## DATA SUPPLIED
──────────

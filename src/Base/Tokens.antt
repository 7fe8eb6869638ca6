-- ===== src/Base/Tokens.antt =====
-- Laws of `strtok` on texts that are made of tokens.
use Prim.Native.Nat.{ℕ}
use mathlib.Core.Path.{◌≡◌, refl}
use mathlib.Core.Logic.{◌≢◌}
use mathlib.Core.Bool.{Bool, true, ◌&&◌, not}
use mathlib.Core.Option.{some}
use mathlib.Core.List.{[], ◌∷◌, ◌++◌}
use native.Mathlib.Omega.{arith}
use lang_os_distributed_file.Base.Strings.{Text, member, split_at, strtok}

-- No byte of the text is a delimiter.
unfoldable pub none_of : Text → Text → Bool
none_of ds [] = true
none_of ds (c ∷ t) = not (member c ds) && none_of ds t

split_at-token :
    (ds t : Text) (d : ℕ) (rest : Text)
    → none_of ds t ≡ true
    → member d ds ≡ true
    → split_at ds (t ++ d ∷ rest) ≡ (t, rest)
unfolding split_at none_of
split_at-token ds [] d rest h m = ground arith
split_at-token ds (c ∷ t) d rest h m = ground (arith, split_at-token ds t d rest)

split_at-last : (ds t : Text) → none_of ds t ≡ true → split_at ds t ≡ (t, [])
unfolding split_at none_of
split_at-last ds [] h = refl
split_at-last ds (c ∷ t) h = ground (arith, split_at-last ds t)

-- A token that a delimiter ends.
pub strtok-token :
    (ds t : Text) (d : ℕ) (rest : Text)
    → none_of ds t ≡ true
    → t ≢ []
    → member d ds ≡ true
    → strtok ds (t ++ d ∷ rest) ≡ (some t, rest)
unfolding strtok none_of
strtok-token ds [] d rest h ne m = absurd (ne refl)
strtok-token ds (c ∷ t) d rest h ne m = ground (arith, split_at-token ds (c ∷ t) d rest)

-- A token at the end of the text.
pub strtok-last : (ds t : Text) → none_of ds t ≡ true → t ≢ [] → strtok ds t ≡ (some t, [])
unfolding strtok none_of
strtok-last ds [] h ne = absurd (ne refl)
strtok-last ds (c ∷ t) h ne = ground (arith, split_at-last ds (c ∷ t))
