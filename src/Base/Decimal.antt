-- ===== src/Base/Decimal.antt =====
-- What is printed with `%d` is read back by `atoi`.
use Prim.Native.Nat.{ℕ, zero, suc, ◌+◌, ◌/◌, ◌%◌, ◌<◌}
use mathlib.Core.Path.{◌≡◌, refl, ap, ◌∙◌}
use mathlib.Core.Logic.{◌≢◌}
use mathlib.Core.Bool.{Bool, true, false}
use mathlib.Core.List.{[], ◌∷◌}
use native.Mathlib.Omega.{arith}
use lang_os_distributed_file.Base.Strings.{Text, member, lit}
use lang_os_distributed_file.Base.Tokens.{none_of}
use lang_os_distributed_file.Base.Numbers.{
  ℤ, pos, negsuc, negate, decimal, digits, signed, skip_space, print_int, atoi, is_digit,
}

digits-decimal : (fuel n : ℕ) (acc : Text) → n < fuel → digits 0 (decimal fuel n acc) ≡ digits n acc
unfolding decimal digits
digits-decimal zero n acc h = absurd (omega arith)
digits-decimal (suc fuel) n acc h =
    ground (arith, digits-decimal fuel (n / 10) ((48 + n % 10) ∷ acc))

-- The first byte is a digit.
starts_digit : Text → Bool
starts_digit [] = false
starts_digit (c ∷ s) = is_digit c

decimal-starts_digit :
    (fuel n : ℕ) (acc : Text) → n < fuel → starts_digit (decimal fuel n acc) ≡ true
unfolding decimal starts_digit
decimal-starts_digit zero n acc h = absurd (omega arith)
decimal-starts_digit (suc fuel) n acc h =
    ground (arith, decimal-starts_digit fuel (n / 10) ((48 + n % 10) ∷ acc))

atoi-digits : (s : Text) → starts_digit s ≡ true → atoi s ≡ pos (digits 0 s)
unfolding atoi signed skip_space starts_digit
atoi-digits [] h = cc
atoi-digits (c ∷ s) h = ground (arith, h)

atoi-minus : (s : Text) → atoi (b'-' ∷ s) ≡ negate (digits 0 s)
unfolding atoi signed skip_space
atoi-minus s = refl

-- `atoi` undoes `%d`.
pub atoi-print_int : (z : ℤ) → atoi (print_int z) ≡ z
unfolding print_int digits
atoi-print_int (pos n) =
    atoi-digits (decimal (suc n) n []) (decimal-starts_digit (suc n) n [] (omega arith))
    ∙ ap pos (digits-decimal (suc n) n [] (omega arith))
atoi-print_int (negsuc n) =
    atoi-minus (decimal (suc (suc n)) (suc n) [])
    ∙ ap negate (digits-decimal (suc (suc n)) (suc n) [] (omega arith))

-- What `%d` prints is not empty and has neither a semicolon nor a newline in it.
decimal-plain :
    (fuel n : ℕ) (acc : Text)
    → none_of (lit ";\n") acc ≡ true
    → none_of (lit ";\n") (decimal fuel n acc) ≡ true
unfolding decimal none_of member
decimal-plain zero n acc h = h
decimal-plain (suc fuel) n acc h =
    ground (arith, h, decimal-plain fuel (n / 10) ((48 + n % 10) ∷ acc))

pub print_int-plain : (z : ℤ) → none_of (lit ";\n") (print_int z) ≡ true
unfolding print_int none_of member
print_int-plain (pos n) = decimal-plain (suc n) n [] refl
print_int-plain (negsuc n) = ground (arith, decimal-plain (suc (suc n)) (suc n) [] refl)

pub print_int-given : (z : ℤ) → print_int z ≢ []
unfolding print_int starts_digit
print_int-given (pos n) h =
    absurd (ground (arith, ap starts_digit h, decimal-starts_digit (suc n) n [] (omega arith)))
print_int-given (negsuc n) h = cc
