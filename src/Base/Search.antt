-- ===== src/Base/Search.antt =====
-- Laws of `strstr`: an occurrence stays where a text grows, and shows where it is cut short.
use Prim.Native.Nat.{ℕ, zero, suc, ◌+◌, ◌≤◌}
use mathlib.Core.Path.{◌≡◌, refl, ◌∙◌, sym, ap}
use mathlib.Core.Logic.{inl, inr, ◌≢◌}
use lang_os_distributed_file.Base.Tests.{Option-cases, Bool-cases}
use mathlib.Core.Bool.{true, false}
use mathlib.Core.Option.{some}
use mathlib.Core.List.{append_assoc, [], ◌∷◌, ◌++◌}
use native.Mathlib.Omega.{arith}
use lang_os_distributed_file.Base.Lists.{length, take, length-append}
use lang_os_distributed_file.Base.Strings.{Text, starts_with, before, contains}

pub starts_with-append : (s t p : Text) → starts_with s p ≡ true → starts_with (s ++ t) p ≡ true
unfolding starts_with
starts_with-append s t [] h = refl
starts_with-append [] t (b ∷ p) h = ground arith
starts_with-append (a ∷ s) t (b ∷ p) h = ground (arith, starts_with-append s t p)

pub starts_with-take :
    (n : ℕ) (s p : Text) → starts_with (take n s) p ≡ true → starts_with s p ≡ true
unfolding starts_with
starts_with-take n s [] h = refl
starts_with-take zero s (b ∷ p) h = ground arith
starts_with-take (suc n) [] (b ∷ p) h = ground arith
starts_with-take (suc n) (a ∷ s) (b ∷ p) h = ground (arith, starts_with-take n s p)

-- What is found in a text is found in every longer one.
pub contains-append : (s t p : Text) → contains s p ≡ true → contains (s ++ t) p ≡ true
unfolding contains before
contains-append [] [] p h = h
contains-append [] (c ∷ t) [] h = refl
contains-append [] (c ∷ t) (b ∷ p) h = ground arith
contains-append (c ∷ s) t p h =
    ground (arith, contains-append s t p, starts_with-append (c ∷ s) t p)

pub contains-take : (n : ℕ) (s p : Text) → contains (take n s) p ≡ true → contains s p ≡ true
unfolding contains before
contains-take zero [] p h = h
contains-take zero (c ∷ s) [] h = refl
contains-take zero (c ∷ s) (b ∷ p) h = ground arith
contains-take (suc n) [] p h = h
contains-take (suc n) (c ∷ s) p h =
    ground (arith, contains-take n s p, starts_with-take (suc n) (c ∷ s) p)

pub starts_with-shorten :
    (s t p : Text) → length p ≤ length s → starts_with (s ++ t) p ≡ true → starts_with s p ≡ true
unfolding starts_with
starts_with-shorten s t [] l h = refl
starts_with-shorten [] t (b ∷ p) l h = absurd (omega arith)
starts_with-shorten (a ∷ s) t (b ∷ p) l h = ground (arith, starts_with-shorten s t p)

pub length-starts_with : (s p : Text) → starts_with s p ≡ true → length p ≤ length s
unfolding starts_with
length-starts_with s [] h = omega arith
length-starts_with [] (b ∷ p) h = ground arith
length-starts_with (a ∷ s) (b ∷ p) h = ground (arith, length-starts_with s p)

pub length-before : (s p b : Text) → before p s ≡ some b → length b + length p ≤ length s
unfolding before
length-before [] [] b h = ground arith
length-before [] (c ∷ p) b h = ground arith
length-before (c ∷ s) p [] h = ground (arith, length-starts_with (c ∷ s) p)
length-before (c ∷ s) p (d ∷ b) h = ground (arith, length-before s p b)

-- The first occurrence stays the first where the text grows.
pub before-append : (s t p : Text) (b : Text) → before p s ≡ some b → before p (s ++ t) ≡ some b
unfolding before
before-append [] [] p b h = h
before-append [] (c ∷ t) [] b h = h
before-append [] (c ∷ t) (d ∷ p) b h = ground arith
before-append (c ∷ s) t p [] h = ground (arith, starts_with-append (c ∷ s) t p)
before-append (c ∷ s) t p (d ∷ b) h =
    ground (
      arith,
      before-append s t p b,
      length-before (c ∷ s) p (d ∷ b),
      starts_with-shorten (c ∷ s) t p,
    )

-- Where a prefix has an occurrence, the first one of the whole is the first one of the prefix.
pub before-prefix :
    (s t p b : Text) → contains s p ≡ true → before p (s ++ t) ≡ some b → before p s ≡ some b
unfolding contains
before-prefix s t p b h e = elim (Option-cases (before p s)) [
  | inl absent ↦ ground arith
  | inr (b', found) ↦ found ∙ sym (before-append s t p b' found) ∙ e
]

pub contains-prepend : (s t p : Text) → contains t p ≡ true → contains (s ++ t) p ≡ true
unfolding contains before
contains-prepend [] t p h = h
contains-prepend (c ∷ s) t p h = ground (arith, contains-prepend s t p)

starts_with_append_self : (p r : Text) → starts_with (p ++ r) p ≡ true
unfolding starts_with
starts_with_append_self [] r = refl
starts_with_append_self (c ∷ p) r = ground (arith, starts_with_append_self p r)

contains-starts_with : (s p : Text) → p ≢ [] → starts_with s p ≡ true → contains s p ≡ true
unfolding contains before starts_with
contains-starts_with [] [] ne h = refl
contains-starts_with [] (c ∷ p) ne h = cc
contains-starts_with (a ∷ s) p ne h = ground (arith, h)

contains-tail : (a : ℕ) (s p : Text) → contains (a ∷ s) p ≡ false → contains s p ≡ false
unfolding contains before
contains-tail a s p h = elim (Option-cases (before p s)) [
  | inl absent ↦ ground (arith, absent)
  | inr (b, found) ↦ absurd (ground (arith, h, found))
]

before-here : (p r : Text) → p ≢ [] → before p (p ++ r) ≡ some []
unfolding before
before-here [] r ne = absurd (ne refl)
before-here (c ∷ p) r ne = ground (arith, starts_with_append_self (c ∷ p) r)

snoc-append : (q : Text) (c : ℕ) (r : Text) → q ++ (c ∷ r) ≡ (q ++ (c ∷ [])) ++ r
snoc-append q c r = sym (append_assoc q (c ∷ []) r)

snoc-given : (q : Text) (c : ℕ) → q ++ (c ∷ []) ≢ []
snoc-given [] c e = cc
snoc-given (d ∷ q) c e = cc

-- The first occurrence of a marker is the one that is put behind a text, if no earlier one begins in
-- the text.
pub before-first :
    (s q r : Text) (c : ℕ)
    → contains (s ++ q) (q ++ (c ∷ [])) ≡ false
    → before (q ++ (c ∷ [])) (s ++ (q ++ (c ∷ r))) ≡ some s
unfolding before
before-first [] q r c h = rw (snoc-append q c r) (before-here (q ++ (c ∷ [])) r (snoc-given q c))
before-first (a ∷ s) q r c h =
    let p = q ++ (c ∷ []) in
    let fits : length p ≤ length (a ∷ (s ++ q)) =
      omega (arith, length-append q (c ∷ []), length-append s q) in
    let whole : a ∷ (s ++ (q ++ (c ∷ r))) ≡ (a ∷ (s ++ q)) ++ (c ∷ r) =
      ap (λ t. a ∷ t) (sym (append_assoc s q (c ∷ r))) in
    elim (Bool-cases (starts_with (a ∷ (s ++ (q ++ (c ∷ r)))) p)) [
      | inl here ↦ absurd (
          ground (
            arith,
            h,
            contains-starts_with (a ∷ (s ++ q)) p (snoc-given q c) (
                starts_with-shorten (a ∷ (s ++ q)) (c ∷ r) p fits
                  (ap (λ t. starts_with t p) (sym whole) ∙ here)),
          ))
      | inr later ↦ ground (arith, later, before-first s q r c (contains-tail a (s ++ q) p h))
    ]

──────────

## EXERCISE
Count every line of the records that holds "signed". State the number, nothing else.

## TASK RESPONSE
3